▸ **Data in this exercise**:
****************

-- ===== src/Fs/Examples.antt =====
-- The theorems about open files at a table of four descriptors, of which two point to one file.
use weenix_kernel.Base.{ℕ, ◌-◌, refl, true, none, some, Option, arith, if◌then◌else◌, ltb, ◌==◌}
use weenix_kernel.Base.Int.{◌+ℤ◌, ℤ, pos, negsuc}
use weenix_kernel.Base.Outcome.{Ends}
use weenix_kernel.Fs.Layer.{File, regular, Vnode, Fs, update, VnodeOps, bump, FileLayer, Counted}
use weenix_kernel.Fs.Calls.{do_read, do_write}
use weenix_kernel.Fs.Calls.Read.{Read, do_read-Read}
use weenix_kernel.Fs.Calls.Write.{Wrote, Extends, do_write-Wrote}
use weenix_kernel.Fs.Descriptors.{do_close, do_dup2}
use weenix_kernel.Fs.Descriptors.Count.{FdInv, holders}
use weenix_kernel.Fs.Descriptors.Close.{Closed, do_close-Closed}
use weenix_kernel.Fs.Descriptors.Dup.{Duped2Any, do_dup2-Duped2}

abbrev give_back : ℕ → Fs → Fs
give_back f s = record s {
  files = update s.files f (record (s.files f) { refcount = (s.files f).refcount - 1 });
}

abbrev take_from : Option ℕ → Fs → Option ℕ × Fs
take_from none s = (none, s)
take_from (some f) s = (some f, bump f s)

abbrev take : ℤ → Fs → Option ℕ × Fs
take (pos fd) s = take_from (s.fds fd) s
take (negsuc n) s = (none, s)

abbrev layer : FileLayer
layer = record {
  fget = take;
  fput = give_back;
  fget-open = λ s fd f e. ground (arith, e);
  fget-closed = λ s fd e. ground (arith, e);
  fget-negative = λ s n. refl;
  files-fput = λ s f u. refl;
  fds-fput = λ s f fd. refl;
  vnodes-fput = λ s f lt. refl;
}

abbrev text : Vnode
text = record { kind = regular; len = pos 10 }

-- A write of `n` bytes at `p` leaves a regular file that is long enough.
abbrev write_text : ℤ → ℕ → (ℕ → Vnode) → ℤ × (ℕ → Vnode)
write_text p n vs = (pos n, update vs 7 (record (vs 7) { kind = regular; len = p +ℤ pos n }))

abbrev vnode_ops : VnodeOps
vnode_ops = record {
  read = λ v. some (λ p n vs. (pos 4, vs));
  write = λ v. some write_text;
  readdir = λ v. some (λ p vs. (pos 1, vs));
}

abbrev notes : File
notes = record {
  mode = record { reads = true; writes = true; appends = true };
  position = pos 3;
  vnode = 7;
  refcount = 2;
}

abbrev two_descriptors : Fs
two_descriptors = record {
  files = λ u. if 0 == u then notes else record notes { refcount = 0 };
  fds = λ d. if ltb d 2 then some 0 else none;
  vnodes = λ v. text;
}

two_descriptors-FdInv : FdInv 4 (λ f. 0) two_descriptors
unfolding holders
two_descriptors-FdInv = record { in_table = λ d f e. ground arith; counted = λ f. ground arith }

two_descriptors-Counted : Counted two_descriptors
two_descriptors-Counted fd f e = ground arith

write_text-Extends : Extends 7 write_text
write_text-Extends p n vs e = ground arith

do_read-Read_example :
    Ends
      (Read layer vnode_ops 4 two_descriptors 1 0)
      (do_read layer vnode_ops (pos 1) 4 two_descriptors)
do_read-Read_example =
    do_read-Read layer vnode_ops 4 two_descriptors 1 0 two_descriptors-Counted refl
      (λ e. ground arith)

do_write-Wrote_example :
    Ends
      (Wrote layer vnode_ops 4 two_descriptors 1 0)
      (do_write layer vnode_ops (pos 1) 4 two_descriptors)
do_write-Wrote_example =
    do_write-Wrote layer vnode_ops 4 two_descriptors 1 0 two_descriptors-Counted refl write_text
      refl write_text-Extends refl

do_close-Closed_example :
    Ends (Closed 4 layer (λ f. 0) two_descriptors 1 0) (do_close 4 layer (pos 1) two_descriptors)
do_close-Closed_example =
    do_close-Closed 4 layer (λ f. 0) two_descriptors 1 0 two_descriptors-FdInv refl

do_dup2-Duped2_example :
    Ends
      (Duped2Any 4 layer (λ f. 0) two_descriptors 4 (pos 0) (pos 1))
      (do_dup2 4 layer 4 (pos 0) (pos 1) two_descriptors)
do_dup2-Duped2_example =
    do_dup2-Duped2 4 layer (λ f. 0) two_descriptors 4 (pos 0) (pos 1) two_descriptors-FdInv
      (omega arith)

****************

▸ **Work item**:
Please restate every record shown above, word for word.

▸ **Expected answer**:
-- ===== src/Fs/Examples.antt =====
-- The theorems about open files at a table of four descriptors, of which two point to one file.
use weenix_kernel.Base.{ℕ, ◌-◌, refl, true, none, some, Option, arith, if◌then◌else◌, ltb, ◌==◌}
use weenix_kernel.Base.Int.{◌+ℤ◌, ℤ, pos, negsuc}
use weenix_kernel.Base.Outcome.{Ends}
use weenix_kernel.Fs.Layer.{File, regular, Vnode, Fs, update, VnodeOps, bump, FileLayer, Counted}
use weenix_kernel.Fs.Calls.{do_read, do_write}
use weenix_kernel.Fs.Calls.Read.{Read, do_read-Read}
use weenix_kernel.Fs.Calls.Write.{Wrote, Extends, do_write-Wrote}
use weenix_kernel.Fs.Descriptors.{do_close, do_dup2}
use weenix_kernel.Fs.Descriptors.Count.{FdInv, holders}
use weenix_kernel.Fs.Descriptors.Close.{Closed, do_close-Closed}
use weenix_kernel.Fs.Descriptors.Dup.{Duped2Any, do_dup2-Duped2}

abbrev give_back : ℕ → Fs → Fs
give_back f s = record s {
  files = update s.files f (record (s.files f) { refcount = (s.files f).refcount - 1 });
}

abbrev take_from : Option ℕ → Fs → Option ℕ × Fs
take_from none s = (none, s)
take_from (some f) s = (some f, bump f s)

abbrev take : ℤ → Fs → Option ℕ × Fs
take (pos fd) s = take_from (s.fds fd) s
take (negsuc n) s = (none, s)

abbrev layer : FileLayer
layer = record {
  fget = take;
  fput = give_back;
  fget-open = λ s fd f e. ground (arith, e);
  fget-closed = λ s fd e. ground (arith, e);
  fget-negative = λ s n. refl;
  files-fput = λ s f u. refl;
  fds-fput = λ s f fd. refl;
  vnodes-fput = λ s f lt. refl;
}

abbrev text : Vnode
text = record { kind = regular; len = pos 10 }

-- A write of `n` bytes at `p` leaves a regular file that is long enough.
abbrev write_text : ℤ → ℕ → (ℕ → Vnode) → ℤ × (ℕ → Vnode)
write_text p n vs = (pos n, update vs 7 (record (vs 7) { kind = regular; len = p +ℤ pos n }))

abbrev vnode_ops : VnodeOps
vnode_ops = record {
  read = λ v. some (λ p n vs. (pos 4, vs));
  write = λ v. some write_text;
  readdir = λ v. some (λ p vs. (pos 1, vs));
}

abbrev notes : File
notes = record {
  mode = record { reads = true; writes = true; appends = true };
  position = pos 3;
  vnode = 7;
  refcount = 2;
}

abbrev two_descriptors : Fs
two_descriptors = record {
  files = λ u. if 0 == u then notes else record notes { refcount = 0 };
  fds = λ d. if ltb d 2 then some 0 else none;
  vnodes = λ v. text;
}

two_descriptors-FdInv : FdInv 4 (λ f. 0) two_descriptors
unfolding holders
two_descriptors-FdInv = record { in_table = λ d f e. ground arith; counted = λ f. ground arith }

two_descriptors-Counted : Counted two_descriptors
two_descriptors-Counted fd f e = ground arith

write_text-Extends : Extends 7 write_text
write_text-Extends p n vs e = ground arith

do_read-Read_example :
    Ends
      (Read layer vnode_ops 4 two_descriptors 1 0)
      (do_read layer vnode_ops (pos 1) 4 two_descriptors)
do_read-Read_example =
    do_read-Read layer vnode_ops 4 two_descriptors 1 0 two_descriptors-Counted refl
      (λ e. ground arith)

do_write-Wrote_example :
    Ends
      (Wrote layer vnode_ops 4 two_descriptors 1 0)
      (do_write layer vnode_ops (pos 1) 4 two_descriptors)
do_write-Wrote_example =
    do_write-Wrote layer vnode_ops 4 two_descriptors 1 0 two_descriptors-Counted refl write_text
      refl write_text-Extends refl

do_close-Closed_example :
    Ends (Closed 4 layer (λ f. 0) two_descriptors 1 0) (do_close 4 layer (pos 1) two_descriptors)
do_close-Closed_example =
    do_close-Closed 4 layer (λ f. 0) two_descriptors 1 0 two_descriptors-FdInv refl

do_dup2-Duped2_example :
    Ends
      (Duped2Any 4 layer (λ f. 0) two_descriptors 4 (pos 0) (pos 1))
      (do_dup2 4 layer 4 (pos 0) (pos 1) two_descriptors)
do_dup2-Duped2_example =
    do_dup2-Duped2 4 layer (λ f. 0) two_descriptors 4 (pos 0) (pos 1) two_descriptors-FdInv
      (omega arith)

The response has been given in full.